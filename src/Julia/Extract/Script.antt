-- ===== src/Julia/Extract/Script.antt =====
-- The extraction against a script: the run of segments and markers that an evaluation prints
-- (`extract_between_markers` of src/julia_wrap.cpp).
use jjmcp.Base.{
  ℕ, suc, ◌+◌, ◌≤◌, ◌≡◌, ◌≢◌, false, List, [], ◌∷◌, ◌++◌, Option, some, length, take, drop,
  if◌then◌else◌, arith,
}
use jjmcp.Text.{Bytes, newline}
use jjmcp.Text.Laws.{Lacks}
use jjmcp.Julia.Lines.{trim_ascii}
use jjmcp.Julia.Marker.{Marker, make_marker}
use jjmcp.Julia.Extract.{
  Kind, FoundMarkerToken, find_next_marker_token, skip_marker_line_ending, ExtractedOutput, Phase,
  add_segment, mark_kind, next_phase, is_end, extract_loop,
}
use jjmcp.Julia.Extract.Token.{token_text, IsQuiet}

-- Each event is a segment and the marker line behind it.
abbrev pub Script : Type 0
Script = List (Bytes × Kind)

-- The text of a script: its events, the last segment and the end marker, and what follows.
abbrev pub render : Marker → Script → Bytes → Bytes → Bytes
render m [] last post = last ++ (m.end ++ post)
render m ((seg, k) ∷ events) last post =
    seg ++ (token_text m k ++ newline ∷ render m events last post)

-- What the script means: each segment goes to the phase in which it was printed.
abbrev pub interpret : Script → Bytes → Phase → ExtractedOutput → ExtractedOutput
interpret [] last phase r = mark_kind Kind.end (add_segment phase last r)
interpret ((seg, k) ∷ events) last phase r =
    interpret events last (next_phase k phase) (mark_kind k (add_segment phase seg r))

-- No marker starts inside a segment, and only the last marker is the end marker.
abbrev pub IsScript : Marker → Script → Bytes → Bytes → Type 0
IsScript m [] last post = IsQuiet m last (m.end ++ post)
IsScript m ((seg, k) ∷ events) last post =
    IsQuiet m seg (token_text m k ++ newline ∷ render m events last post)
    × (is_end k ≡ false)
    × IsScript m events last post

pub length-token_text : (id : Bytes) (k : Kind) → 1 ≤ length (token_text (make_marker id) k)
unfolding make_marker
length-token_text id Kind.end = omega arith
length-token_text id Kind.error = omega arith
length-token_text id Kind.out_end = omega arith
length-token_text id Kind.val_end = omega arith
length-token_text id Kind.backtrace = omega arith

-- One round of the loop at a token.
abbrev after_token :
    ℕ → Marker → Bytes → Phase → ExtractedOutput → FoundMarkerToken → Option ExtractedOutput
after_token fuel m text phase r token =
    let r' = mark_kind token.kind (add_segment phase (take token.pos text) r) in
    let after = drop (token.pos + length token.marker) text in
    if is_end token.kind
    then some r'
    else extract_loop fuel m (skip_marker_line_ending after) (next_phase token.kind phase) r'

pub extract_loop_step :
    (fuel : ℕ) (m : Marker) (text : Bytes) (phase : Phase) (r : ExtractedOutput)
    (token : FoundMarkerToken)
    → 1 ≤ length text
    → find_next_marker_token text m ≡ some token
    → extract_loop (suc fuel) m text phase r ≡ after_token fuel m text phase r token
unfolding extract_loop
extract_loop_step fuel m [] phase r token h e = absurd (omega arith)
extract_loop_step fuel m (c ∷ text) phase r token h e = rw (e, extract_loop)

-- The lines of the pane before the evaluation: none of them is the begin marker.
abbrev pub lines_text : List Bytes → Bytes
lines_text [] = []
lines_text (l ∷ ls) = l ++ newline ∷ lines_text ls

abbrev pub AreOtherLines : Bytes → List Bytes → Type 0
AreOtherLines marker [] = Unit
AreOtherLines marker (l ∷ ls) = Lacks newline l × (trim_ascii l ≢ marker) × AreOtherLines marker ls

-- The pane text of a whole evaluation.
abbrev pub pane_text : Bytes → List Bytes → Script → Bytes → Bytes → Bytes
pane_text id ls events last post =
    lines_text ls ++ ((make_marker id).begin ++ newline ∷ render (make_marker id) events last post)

════════════════

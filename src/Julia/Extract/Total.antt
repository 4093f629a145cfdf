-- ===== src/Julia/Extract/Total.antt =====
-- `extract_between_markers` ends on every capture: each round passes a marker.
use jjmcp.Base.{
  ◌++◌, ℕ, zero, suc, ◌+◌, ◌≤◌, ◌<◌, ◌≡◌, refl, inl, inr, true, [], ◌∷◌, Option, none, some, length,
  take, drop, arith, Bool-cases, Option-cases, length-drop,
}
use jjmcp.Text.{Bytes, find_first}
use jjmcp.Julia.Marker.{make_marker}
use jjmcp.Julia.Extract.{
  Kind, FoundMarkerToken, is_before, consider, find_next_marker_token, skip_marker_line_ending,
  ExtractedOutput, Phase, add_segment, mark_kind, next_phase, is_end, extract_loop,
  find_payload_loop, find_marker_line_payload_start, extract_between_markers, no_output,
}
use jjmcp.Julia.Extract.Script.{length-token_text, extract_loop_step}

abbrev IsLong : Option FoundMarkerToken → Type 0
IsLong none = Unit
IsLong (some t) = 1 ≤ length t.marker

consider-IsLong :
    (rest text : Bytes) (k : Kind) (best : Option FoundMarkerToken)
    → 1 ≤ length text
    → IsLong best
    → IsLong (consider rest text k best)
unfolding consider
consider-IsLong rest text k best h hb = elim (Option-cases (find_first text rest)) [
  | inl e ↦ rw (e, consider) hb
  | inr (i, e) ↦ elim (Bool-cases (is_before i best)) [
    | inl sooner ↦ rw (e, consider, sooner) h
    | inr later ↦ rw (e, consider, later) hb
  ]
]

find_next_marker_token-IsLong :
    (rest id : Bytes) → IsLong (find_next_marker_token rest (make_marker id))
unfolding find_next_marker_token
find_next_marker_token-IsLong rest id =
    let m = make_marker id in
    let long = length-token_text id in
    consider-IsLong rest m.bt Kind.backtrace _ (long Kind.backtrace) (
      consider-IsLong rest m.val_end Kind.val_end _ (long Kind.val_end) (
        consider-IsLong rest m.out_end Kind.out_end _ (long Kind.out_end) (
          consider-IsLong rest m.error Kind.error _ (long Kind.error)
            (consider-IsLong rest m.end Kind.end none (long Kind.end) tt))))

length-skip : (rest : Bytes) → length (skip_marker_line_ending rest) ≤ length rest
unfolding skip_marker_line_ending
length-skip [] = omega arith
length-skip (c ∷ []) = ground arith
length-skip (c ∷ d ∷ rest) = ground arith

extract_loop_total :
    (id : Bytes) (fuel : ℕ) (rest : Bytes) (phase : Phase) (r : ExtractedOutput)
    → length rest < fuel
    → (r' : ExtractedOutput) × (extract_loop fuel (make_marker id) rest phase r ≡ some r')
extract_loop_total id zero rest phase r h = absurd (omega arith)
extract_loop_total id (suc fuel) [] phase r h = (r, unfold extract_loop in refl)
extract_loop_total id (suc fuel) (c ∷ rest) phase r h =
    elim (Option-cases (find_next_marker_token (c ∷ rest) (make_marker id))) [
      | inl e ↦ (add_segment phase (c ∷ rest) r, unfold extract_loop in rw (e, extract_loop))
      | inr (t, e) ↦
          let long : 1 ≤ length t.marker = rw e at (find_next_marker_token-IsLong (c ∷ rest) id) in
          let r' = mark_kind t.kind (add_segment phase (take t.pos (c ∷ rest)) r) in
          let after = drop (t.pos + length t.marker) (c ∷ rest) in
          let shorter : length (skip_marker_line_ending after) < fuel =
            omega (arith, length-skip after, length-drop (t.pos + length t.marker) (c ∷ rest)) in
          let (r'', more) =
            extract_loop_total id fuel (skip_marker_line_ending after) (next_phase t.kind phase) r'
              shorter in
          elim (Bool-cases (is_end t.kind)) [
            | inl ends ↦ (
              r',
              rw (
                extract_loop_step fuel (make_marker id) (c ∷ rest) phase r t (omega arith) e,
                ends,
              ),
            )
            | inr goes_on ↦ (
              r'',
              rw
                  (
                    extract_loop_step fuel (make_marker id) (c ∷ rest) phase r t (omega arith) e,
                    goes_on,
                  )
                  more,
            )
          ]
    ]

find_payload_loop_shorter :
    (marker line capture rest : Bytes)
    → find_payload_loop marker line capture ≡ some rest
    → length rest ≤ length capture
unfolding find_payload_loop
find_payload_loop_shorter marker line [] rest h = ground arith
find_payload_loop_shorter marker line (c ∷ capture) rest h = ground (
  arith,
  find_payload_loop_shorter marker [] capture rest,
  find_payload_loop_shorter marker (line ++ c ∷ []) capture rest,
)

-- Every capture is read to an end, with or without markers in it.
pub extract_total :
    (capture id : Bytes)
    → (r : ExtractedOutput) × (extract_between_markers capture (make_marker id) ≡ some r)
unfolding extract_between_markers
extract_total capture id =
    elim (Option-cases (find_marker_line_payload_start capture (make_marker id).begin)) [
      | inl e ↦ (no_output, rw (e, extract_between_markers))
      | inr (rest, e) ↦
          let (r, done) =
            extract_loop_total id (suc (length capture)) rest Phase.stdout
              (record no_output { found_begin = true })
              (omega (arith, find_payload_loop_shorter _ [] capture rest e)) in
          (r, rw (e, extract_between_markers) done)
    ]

════════════════

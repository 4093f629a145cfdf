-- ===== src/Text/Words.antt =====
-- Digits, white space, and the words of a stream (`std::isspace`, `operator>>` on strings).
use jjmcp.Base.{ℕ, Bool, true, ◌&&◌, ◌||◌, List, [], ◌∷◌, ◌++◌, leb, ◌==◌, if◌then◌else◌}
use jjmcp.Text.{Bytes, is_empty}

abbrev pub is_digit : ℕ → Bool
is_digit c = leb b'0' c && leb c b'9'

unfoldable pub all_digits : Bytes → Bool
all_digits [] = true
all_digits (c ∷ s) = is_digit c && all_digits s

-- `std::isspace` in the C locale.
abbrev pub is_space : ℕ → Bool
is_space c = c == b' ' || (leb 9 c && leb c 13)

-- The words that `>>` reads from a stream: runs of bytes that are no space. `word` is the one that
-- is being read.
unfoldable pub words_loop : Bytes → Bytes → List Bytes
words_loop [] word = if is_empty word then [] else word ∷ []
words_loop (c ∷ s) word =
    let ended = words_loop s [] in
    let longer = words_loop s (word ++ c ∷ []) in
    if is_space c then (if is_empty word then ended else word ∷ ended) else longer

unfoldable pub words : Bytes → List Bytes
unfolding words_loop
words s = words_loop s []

════════════════

Give back precisely the lines above that start at the line containing "words_loop [] word" and end at the line containing "words s = words_loop s []", inclusive. No other lines belong in the output.

words_loop [] word = if is_empty word then [] else word ∷ []
words_loop (c ∷ s) word =
    let ended = words_loop s [] in
    let longer = words_loop s (word ++ c ∷ []) in
    if is_space c then (if is_empty word then ended else word ∷ ended) else longer

unfoldable pub words : Bytes → List Bytes
unfolding words_loop
words s = words_loop s []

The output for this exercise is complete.